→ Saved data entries
=== Section Start ===

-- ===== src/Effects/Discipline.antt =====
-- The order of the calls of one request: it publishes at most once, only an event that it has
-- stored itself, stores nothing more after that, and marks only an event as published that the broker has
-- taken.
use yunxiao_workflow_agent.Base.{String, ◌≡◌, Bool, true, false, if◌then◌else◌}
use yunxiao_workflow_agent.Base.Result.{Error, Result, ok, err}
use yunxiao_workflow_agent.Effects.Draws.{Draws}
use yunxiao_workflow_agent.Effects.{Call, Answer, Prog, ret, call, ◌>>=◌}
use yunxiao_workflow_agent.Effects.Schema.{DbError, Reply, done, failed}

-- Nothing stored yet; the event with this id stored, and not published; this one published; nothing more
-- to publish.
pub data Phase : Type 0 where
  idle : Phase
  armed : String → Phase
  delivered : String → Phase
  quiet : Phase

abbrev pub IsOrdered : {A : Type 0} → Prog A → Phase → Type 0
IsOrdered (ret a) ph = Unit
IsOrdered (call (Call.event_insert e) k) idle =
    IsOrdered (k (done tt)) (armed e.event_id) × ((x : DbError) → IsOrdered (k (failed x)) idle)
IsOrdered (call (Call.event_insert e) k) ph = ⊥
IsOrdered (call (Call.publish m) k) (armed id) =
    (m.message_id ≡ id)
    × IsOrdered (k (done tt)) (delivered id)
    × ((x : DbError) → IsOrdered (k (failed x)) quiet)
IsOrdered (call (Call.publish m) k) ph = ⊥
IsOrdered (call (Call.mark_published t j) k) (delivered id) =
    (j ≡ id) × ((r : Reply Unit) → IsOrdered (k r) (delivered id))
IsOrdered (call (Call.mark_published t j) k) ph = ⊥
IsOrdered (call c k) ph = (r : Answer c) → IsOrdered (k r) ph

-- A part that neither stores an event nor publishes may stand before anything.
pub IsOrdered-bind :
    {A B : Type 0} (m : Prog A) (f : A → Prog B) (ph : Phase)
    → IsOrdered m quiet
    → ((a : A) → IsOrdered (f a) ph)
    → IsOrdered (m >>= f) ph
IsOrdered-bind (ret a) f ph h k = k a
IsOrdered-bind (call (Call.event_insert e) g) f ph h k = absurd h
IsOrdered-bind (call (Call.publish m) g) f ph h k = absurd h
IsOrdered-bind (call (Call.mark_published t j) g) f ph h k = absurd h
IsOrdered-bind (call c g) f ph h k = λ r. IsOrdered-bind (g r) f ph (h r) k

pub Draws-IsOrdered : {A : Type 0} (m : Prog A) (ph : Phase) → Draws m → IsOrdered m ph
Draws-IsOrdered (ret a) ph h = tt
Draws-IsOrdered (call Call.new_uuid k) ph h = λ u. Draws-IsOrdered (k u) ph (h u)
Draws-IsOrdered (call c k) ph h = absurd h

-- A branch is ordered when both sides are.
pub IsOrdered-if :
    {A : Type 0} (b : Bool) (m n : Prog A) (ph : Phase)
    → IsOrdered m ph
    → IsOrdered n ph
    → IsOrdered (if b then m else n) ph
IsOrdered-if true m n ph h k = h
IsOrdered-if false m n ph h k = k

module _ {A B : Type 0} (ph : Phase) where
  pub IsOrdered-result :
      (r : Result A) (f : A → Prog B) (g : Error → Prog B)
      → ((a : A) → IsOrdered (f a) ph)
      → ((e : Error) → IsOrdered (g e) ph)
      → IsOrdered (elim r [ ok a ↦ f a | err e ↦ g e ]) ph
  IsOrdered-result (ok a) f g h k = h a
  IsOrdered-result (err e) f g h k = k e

=== Section End ===

→ Requirement
Where does the word "String" occur in the data? Copy every line that has it.

→ Answer section
use yunxiao_workflow_agent.Base.{String, ◌≡◌, Bool, true, false, if◌then◌else◌}
  armed : String → Phase
  delivered : String → Phase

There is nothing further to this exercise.